WHAT IS GEDI?
GEDI is a full-waveform lidar instrument that makes detailed measurements of the 3D structure of the Earth’s surface. Lidar is an active remote sensing technology (the laser version of radar) which uses pulses of laser light to measure 3D structure. The light is reflected by the ground, vegetation and any clouds and is then collected by GEDI’s telescope. These photons are then directed towards detectors, converting the brightness of the light to an electronic voltage which is then recorded as a function of time in 1 ns (15 cm) intervals. Time is converted to range (a distance) by multiplying by the speed of light. The recorded voltage as a function of range is the full-waveform.
WHAT DOES GEDI MEASURE?
Lidar waveforms quantify the vertical distribution of vegetation by recording the amount of laser energy reflected by plant material (stems, branches, and leaves) at different heights above the ground. From GEDI waveforms, four types of structure information can be extracted: surface topography, canopy height metrics, canopy cover metrics, and vertical structure metrics.
GEDI data products
LEVEL 1 - GEOLOCATED WAVEFORMS
The raw GEDI waveforms as collected by the GEDI system are geolocated by our science team.

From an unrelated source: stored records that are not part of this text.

-- ===== src/Tests/Sessions.antt =====
-- Refresh tokens on concrete tables.

use sync_bridge_platform.Base.{
  present, ℕ, String, none, some, [], ◌∷◌, ◌≡◌, refl, false, ok, Result, is_ok, ◌==◌, arith,
}
use sync_bridge_platform.Database.{operator, World, find, update}
use sync_bridge_platform.Auth.{JwtPayload, Crypto, TokenPair, create_token, update_token}
use sync_bridge_platform.Auth.Tokens.{
  issue_tokens, verify_refresh_token, matching_token, find_matching_refresh_token,
  revoke_refresh_token,
}
use sync_bridge_platform.Auth.Session.{refresh, login, logout, end_session}
use sync_bridge_platform.Auth.Calls.{Steps, done, call, logging_in}
use sync_bridge_platform.Auth.Replay.{refresh_no_replay, logout_no_refresh}
use sync_bridge_platform.Tests.Data.{runtime, nth_id, no_rows}
use sync_bridge_platform.Tests.Webhooks.{at_once}
use sync_bridge_platform.Js.{str, obj, field, end}
use sync_bridge_platform.Web.{Fetch, Tab, Response, Failure, session_of, stored_user}
use sync_bridge_platform.Web.Client.{send, refresh_request, store_tokens}
use sync_bridge_platform.Web.Renewal.{serve, refresh_response, second_renewal_drops_session}

abbrev claims : JwtPayload
claims = record { sub = "u1"; email = "a@b"; role = operator; jti = none; rtid = some "t1" }

-- Every token carries the same claims; the hash of a text is the text.
abbrev crypto : Crypto
crypto = record {
  hash = λ text salt. text;
  compare = λ text hash. text == hash;
  sign = λ secret payload t. "signed";
  verify = λ secret text t. some claims;
  access_secret = "s";
  refresh_secret = some "s";
}

abbrev tables : World ℕ
tables = record no_rows {
  users =
      record { id = "u1"; email = "a@b"; password_hash = "pw"; full_name = "A"; role = operator }
      ∷ [];
  refresh_tokens =
      record { id = "t1"; user_id = "u1"; token_hash = "raw"; expires_at = 100; revoked_at = none }
      ∷ [];
}

own :
    (secret : String) (t : ℕ) (p : JwtPayload)
    → crypto.verify secret "raw" t ≡ some p
    → present p.rtid ≡ some "t1"
own secret t p h = ground (arith, h)

abbrev pair : TokenPair
pair = record { access_token = "signed"; refresh_token = "signed" }

exchanged : (refresh runtime crypto at_once "raw" tables).0 ≡ ok pair
unfolding refresh verify_refresh_token find_matching_refresh_token matching_token
    revoke_refresh_token issue_tokens create_token update_token find update
exchanged = refl

logged_out : (logout runtime crypto at_once "raw" "u1" tables).0 ≡ ok tt
unfolding logout end_session verify_refresh_token find_matching_refresh_token matching_token
    revoke_refresh_token update_token find update
logged_out = refl

abbrev after_login : World ℕ
after_login =
    (login runtime crypto at_once (record { email = "a@b"; password = "pw" })
      (refresh runtime crypto at_once "raw" tables).1).1

between : Steps runtime crypto at_once (refresh runtime crypto at_once "raw" tables).1 after_login
between = call (logging_in (record { email = "a@b"; password = "pw" }) _) (done _)

refresh_no_replay_example : is_ok (refresh runtime crypto at_once "raw" after_login).0 ≡ false
refresh_no_replay_example =
    refresh_no_replay runtime crypto at_once "raw" "t1" own pair tables after_login exchanged
      between

logout_no_refresh_example :
    is_ok
      (refresh runtime crypto at_once "raw" (logout runtime crypto at_once "raw" "u1" tables).1).0
    ≡ false
logout_no_refresh_example =
    logout_no_refresh runtime crypto at_once "raw" "t1" own "u1" tables
      (logout runtime crypto at_once "raw" "u1" tables).1 logged_out
      (done (logout runtime crypto at_once "raw" "u1" tables).1)

-- A server whose other handlers never answer.
abbrev api : Fetch (World ℕ) ℕ
api = serve runtime crypto at_once (λ request w. (none, w))

abbrev tab : Tab (World ℕ) ℕ
tab = record {
  storage = some (obj (field "accessToken" (str "old") (field "refreshToken" (str "raw") end)));
  server = tables;
  sent = [];
}

abbrev asked : Tab (World ℕ) ℕ → Result Failure (Response ℕ) × Tab (World ℕ) ℕ
asked tab' = send runtime nth_id api (refresh_request runtime nth_id api (str "raw")) tab'

abbrev second : Result Failure (Response ℕ) × Tab (World ℕ) ℕ
second = asked (record (asked tab).1 { server = after_login })

abbrev renewed : Tab (World ℕ) ℕ
renewed = (store_tokens runtime nth_id api (refresh_response (ok pair)) second.1).1

second_renewal_drops_session_example :
    ((asked tab).0 ≡ ok (refresh_response (ok pair)))
    × (renewed.storage
        ≡ some (
            session_of
              (some (str "signed"))
              (some (str "signed"))
              (some (stored_user runtime tab.storage))))
    × ((answer : Response ℕ) × (second.0 ≡ ok answer)
        × ((store_tokens runtime nth_id api answer renewed).1.storage ≡ none))
second_renewal_drops_session_example =
    second_renewal_drops_session runtime crypto at_once (λ request w. (none, w)) nth_id "raw" "t1"
      refl own tab pair after_login exchanged between
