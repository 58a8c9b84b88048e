-- ===== src/Transformations.antt =====
-- apps/api/src/transformations: the mapping of raw records to normalized ones.
pub mod Errors
pub mod Mapping
pub mod Record
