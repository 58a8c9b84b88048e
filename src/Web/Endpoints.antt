-- ===== src/Web/Endpoints.antt =====
-- apps/web/lib/api.ts: the methods of `api` that name a path and a body and leave the rest to `requestApi`.
use Prim.Native.String
use sync_bridge_platform.Base.{
  ℕ, zero, suc, String, Bool, true, false, Option, none, some, List, [], ◌∷◌, ◌++◌, or_else,
  if◌then◌else◌,
}
use sync_bridge_platform.Js.{Js, Json, str, obj, end, field}
use sync_bridge_platform.Listing.{ListQuery}
use sync_bridge_platform.Web.{Fetch, C}
use sync_bridge_platform.Web.Client.{RequestOptions, request_api}

-- The methods, with their arguments; the status in a query is a text. Payloads that are sent as they come are JSON; ids are texts.
pub data Endpoint (N : Type 0) : Type 0 where
  list_connectors : Endpoint N
  create_connector : Json N → Endpoint N
  update_connector_status : String → String → Endpoint N
  list_pipelines : Endpoint N
  get_pipeline : String → Endpoint N
  create_pipeline : Json N → Endpoint N
  update_pipeline_status : String → String → Endpoint N
  run_pipeline : String → Option (Json N) → Endpoint N
  preview_pipeline_transformation : String → Json N → Endpoint N
  validate_mapping : Json N → Endpoint N
  list_pipeline_runs : String → Endpoint N
  get_pipeline_schedule : String → Endpoint N
  update_pipeline_schedule : String → Json N → Endpoint N
  trigger_pipeline_schedule : String → Endpoint N
  get_scheduler_status : Endpoint N
  list_sync_runs : Option (ListQuery String) → Endpoint N
  get_job : String → Endpoint N
  get_sync_run_job : String → Endpoint N
  list_webhook_events : Option (ListQuery String) → Endpoint N
  get_webhook_event : String → Endpoint N
  get_webhook_event_job : String → Endpoint N
  retry_webhook_event : String → Endpoint N
  process_webhook_event : String → Endpoint N
  get_dashboard_summary : Endpoint N

-- `${before}${id}${behind}`
abbrev around : String → String → String → String
around before id behind = String.◌++◌ before (String.◌++◌ id behind)

module _ {N : Type 0} where
  abbrev get : String → RequestOptions N
  get path = record { method = "GET"; path = path; body = none; authenticated = true }

  abbrev send : String → String → Json N → RequestOptions N
  send method path body = record {
    method = method;
    path = path;
    body = some body;
    authenticated = true;
  }

  abbrev post_nothing : String → RequestOptions N
  post_nothing path = record { method = "POST"; path = path; body = none; authenticated = true }

-- How a number is written in a query.
module _ (show : ℕ → String) where
  -- `if (query?.page) search.set('page', String(query.page))`: nothing for 0.
  abbrev number : String → Option ℕ → List String
  number name none = []
  number name (some zero) = []
  number name (some (suc n)) = String.◌++◌ name (String.◌++◌ "=" (show (suc n))) ∷ []

  abbrev text : String → Option String → List String
  text name none = []
  text name (some String.[]) = []
  text name (some (String.◌∷◌ c s)) = String.◌++◌ name (String.◌++◌ "=" (String.◌∷◌ c s)) ∷ []

  -- `search.toString()`, of names and values that need no escape
  unfoldable pub join_parts : List String → String
  join_parts [] = ""
  join_parts (part ∷ []) = part
  join_parts (part ∷ next ∷ parts) = String.◌++◌ part (String.◌++◌ "&" (join_parts (next ∷ parts)))

  abbrev suffix : List String → String
  suffix [] = ""
  suffix (part ∷ parts) = String.◌++◌ "?" (join_parts (part ∷ parts))

  unfoldable pub query_suffix : (with_status : Bool) → Option (ListQuery String) → String
  unfolding join_parts
  query_suffix with_status none = ""
  query_suffix with_status (some q) = suffix (
      number "page" q.page
      ++ number "limit" q.limit
      ++ (if with_status then text "status" q.status else []))

  module _ {N : Type 0} where
    -- What a method asks `requestApi` for.
    unfoldable pub options_of : Endpoint N → RequestOptions N
    unfolding query_suffix
    options_of list_connectors = get "/connectors"
    options_of (create_connector payload) = send "POST" "/connectors" payload
    options_of (update_connector_status id status) =
        send "PATCH" (around "/connectors/" id "/status") (obj (field "status" (str status) end))
    options_of list_pipelines = get "/pipelines"
    options_of (get_pipeline id) = get (around "/pipelines/" id "")
    options_of (create_pipeline payload) = send "POST" "/pipelines" payload
    options_of (update_pipeline_status id status) =
        send "PATCH" (around "/pipelines/" id "/status") (obj (field "status" (str status) end))
    options_of (run_pipeline id payload) =
        send "POST" (around "/pipelines/" id "/runs") (or_else payload (obj end))
    options_of (preview_pipeline_transformation id payload) =
        send "POST" (around "/pipelines/" id "/preview") payload
    options_of (validate_mapping mapping_json) =
        send "POST" "/pipelines/validate-mapping" (obj (field "mappingJson" mapping_json end))
    options_of (list_pipeline_runs id) = get (around "/pipelines/" id "/runs")
    options_of (get_pipeline_schedule id) = get (around "/pipelines/" id "/schedule")
    options_of (update_pipeline_schedule id payload) =
        send "PATCH" (around "/pipelines/" id "/schedule") payload
    options_of (trigger_pipeline_schedule id) =
        post_nothing (around "/pipelines/" id "/schedule/trigger")
    options_of get_scheduler_status = get "/scheduler/status"
    options_of (list_sync_runs query) = get (String.◌++◌ "/sync-runs" (query_suffix true query))
    options_of (get_job id) = get (around "/jobs/" id "")
    options_of (get_sync_run_job id) = get (around "/sync-runs/" id "/job")
    options_of (list_webhook_events query) =
        get (String.◌++◌ "/webhooks/events" (query_suffix false query))
    options_of (get_webhook_event id) = get (around "/webhooks/events/" id "")
    options_of (get_webhook_event_job id) = get (around "/webhooks/events/" id "/job")
    options_of (retry_webhook_event id) = post_nothing (around "/webhooks/events/" id "/retry")
    options_of (process_webhook_event id) = post_nothing (around "/webhooks/events/" id "/process")
    options_of get_dashboard_summary = get "/dashboard/summary"

module _ (js : Js) (show : ℕ → String) {S : Type 0} (fetch : Fetch S js.Num) where
  unfoldable pub call : Endpoint js.Num → C S js.Num (Json js.Num)
  unfolding options_of request_api
  call endpoint = request_api js show fetch (options_of show endpoint)
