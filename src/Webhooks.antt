-- ===== src/Webhooks.antt =====
-- apps/api/src/webhooks/webhooks.service.ts: events that arrive by HTTP, their processing by the
-- pipelines of their connector, at once or by a worker, and the access to them.
pub mod Request
pub mod Tables
pub mod Process
pub mod Handlers
pub mod Listing
pub mod Worker
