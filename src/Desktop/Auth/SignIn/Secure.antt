-- ===== src/Desktop/Auth/SignIn/Secure.antt =====
-- What a sign-in of apps/desktop/src-tauri/src/auth.rs is kept for.
use cled.Common.{
  Bool, Bool-cases, Option, false, inl, inr, list_eq, nat_eq, none, refl, some, subst, sym, true,
  ◌≡◌,
}
use cled.Common.Utf8.{codes}
use cled.Clipboard.Content.{Chars}
use cled.Desktop.Answer.{
  done, failed, ◌>>=◌, Answer, Ensures, >>=-Ensures, Ensures-nothing, Ensures-weaker,
}
use cled.Desktop.Relay.{trim_slashes}
use cled.Desktop.Auth.{StoredSession, TokenResponse, Response, Account}
use cled.Desktop.Auth.Flow.{
  RelayAuthConfig, ServerMetadata, IdClaims, starts_with, check_issuer, check_metadata,
  bind_loopback, loopback_ports, read_tokens, new_session, account_from, exchanged, session_of,
}
use cled.Desktop.Auth.SignIn.{
  Browser, came_back, timed_out, cancelled, await_code, or_in_use, Answers, sign_in_flow,
}

-- An issuer with an encrypted address.
abbrev pub IsSecure : Chars → Type 0
IsSecure issuer = starts_with issuer (codes "https://") ≡ true

check_issuer-Ensures : (config : RelayAuthConfig) → Ensures IsSecure (check_issuer config)
unfolding check_issuer
check_issuer-Ensures config =
    elim (Bool-cases (starts_with (trim_slashes config.issuer) (codes "https://"))) [
      | inl secure ↦ rw (check_issuer, secure) secure
      | inr plain ↦ rw (check_issuer, plain) tt
    ]

-- What is saved is for an issuer.
IsFor : Chars → TokenResponse × StoredSession → Type 0
IsFor issuer kept = kept.1.issuer ≡ issuer

session_of-Ensures :
    (issuer : Chars) (config : RelayAuthConfig) (metadata : ServerMetadata)
    (refresh_token : Option Chars) (account : Option Account)
    → Ensures
        (λ (s : StoredSession). s.issuer ≡ issuer)
        (session_of issuer config metadata refresh_token account)
unfolding session_of
session_of-Ensures issuer config metadata none account = tt
session_of-Ensures issuer config metadata (some refresh_token) none = tt
session_of-Ensures issuer config metadata (some refresh_token) (some account) = refl

exchanged-Ensures :
    (read_claims : Chars → Option IdClaims) (issuer : Chars) (config : RelayAuthConfig)
    (metadata : ServerMetadata) (response : Response)
    → Ensures (IsFor issuer) (exchanged read_claims issuer config metadata response)
unfolding exchanged new_session IsFor
exchanged-Ensures read_claims issuer config metadata response =
    >>=-Ensures (λ _. Unit {0}) (IsFor issuer) (read_tokens read_claims response) _
      (Ensures-nothing (read_tokens read_claims response))
      (λ tokens _.
        >>=-Ensures _ (IsFor issuer)
          (session_of issuer config metadata tokens.refresh_token (account_from read_claims tokens))
          _
          (session_of-Ensures issuer config metadata tokens.refresh_token
            (account_from read_claims tokens))
          (λ stored e. e))

-- The browser came back with a code.
abbrev is_back : Browser → Bool
is_back (came_back (done code)) = true
is_back (came_back (failed error)) = false
is_back timed_out = false
is_back cancelled = false

abbrev pub Kept : Browser → TokenResponse × StoredSession → Type 0
Kept browser kept = IsSecure kept.1.issuer × (is_back browser ≡ true)

await_code-Ensures :
    (browser : Browser) → Ensures (λ _. is_back browser ≡ true) (await_code browser)
unfolding await_code
await_code-Ensures (came_back (done code)) = refl
await_code-Ensures (came_back (failed error)) = tt
await_code-Ensures timed_out = tt
await_code-Ensures cancelled = tt

exchanged-Kept :
    (read_claims : Chars → Option IdClaims) (issuer : Chars) (config : RelayAuthConfig)
    (metadata : ServerMetadata) (response : Response) (browser : Browser)
    → IsSecure issuer
    → is_back browser ≡ true
    → Ensures (Kept browser) (exchanged read_claims issuer config metadata response)
unfolding IsFor
exchanged-Kept read_claims issuer config metadata response browser h back =
    Ensures-weaker (IsFor issuer) (Kept browser)
      (exchanged read_claims issuer config metadata response)
      (exchanged-Ensures read_claims issuer config metadata response)
      (λ kept e. (subst IsSecure (sym e) h, back))

-- A step of the flow of which nothing is needed.
each :
    {A : Type 0} (Q : TokenResponse × StoredSession → Type 0) (r : Answer A)
    (f : A → Answer (TokenResponse × StoredSession))
    → ((x : A) → Ensures Q (f x))
    → Ensures Q (r >>= f)
each Q r f go = >>=-Ensures (λ _. Unit {0}) Q r f (Ensures-nothing r) (λ x _. go x)

-- Whatever the relay and the account service answer, a sign-in is kept only if the issuer's address starts
-- with https, and only if the browser came back with a code.
pub sign_in_flow-IsSecure :
    (read_claims : Chars → Option IdClaims) (a : Answers)
    → Ensures (Kept a.browser) (sign_in_flow read_claims a)
unfolding sign_in_flow
sign_in_flow-IsSecure read_claims a =
    let Q : TokenResponse × StoredSession → Type 0 = Kept a.browser in
    each Q a.config _ λ config.
      >>=-Ensures IsSecure Q (check_issuer config) _ (check_issuer-Ensures config) λ issuer secure.
        each Q a.metadata _ λ named. each Q (check_metadata issuer named) _ λ metadata.
          each Q (or_in_use (bind_loopback a.is_free loopback_ports)) _ λ port.
            each Q a.browser_opened _ λ opened.
              >>=-Ensures (λ _. is_back a.browser ≡ true) Q (await_code a.browser) _
                (await_code-Ensures a.browser)
                λ code back.
                  exchanged-Kept read_claims issuer config metadata a.response a.browser secure back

LEVEL 2 - FOOTPRINT LEVEL CANOPY HEIGHT AND PROFILE METRICS
The waveforms are processed to provide canopy height and profile metrics. These are values calculated directly from the waveform return for each footprint such as terrain elevation, canopy height, RH metrics and Leaf Area Index (LAI). These metrics provide easy-to-use and interpret information about the vertical distribution of the canopy material.
LEVEL 3 - GRIDDED CANOPY HEIGHT METRICS AND VARIABILITY
Level 3 products are gridded by spatially interpolating Level 2 footprint estimates of canopy cover, canopy height, LAI, vertical foliage profile and their uncertainties.
LEVEL 4A AND 4B - FOOTPRINT AND GRIDDED ABOVEGROUND CARBON ESTIMATES
Level 4 products are the highest level of GEDI product and represent the output of models. Footprint metrics derived from the L2 data products are converted to footprint estimates of aboveground biomass density using calibration equations. Subsequently, these footprints are used to produce mean biomass and its uncertainty in cells of 1 km using statistical theory.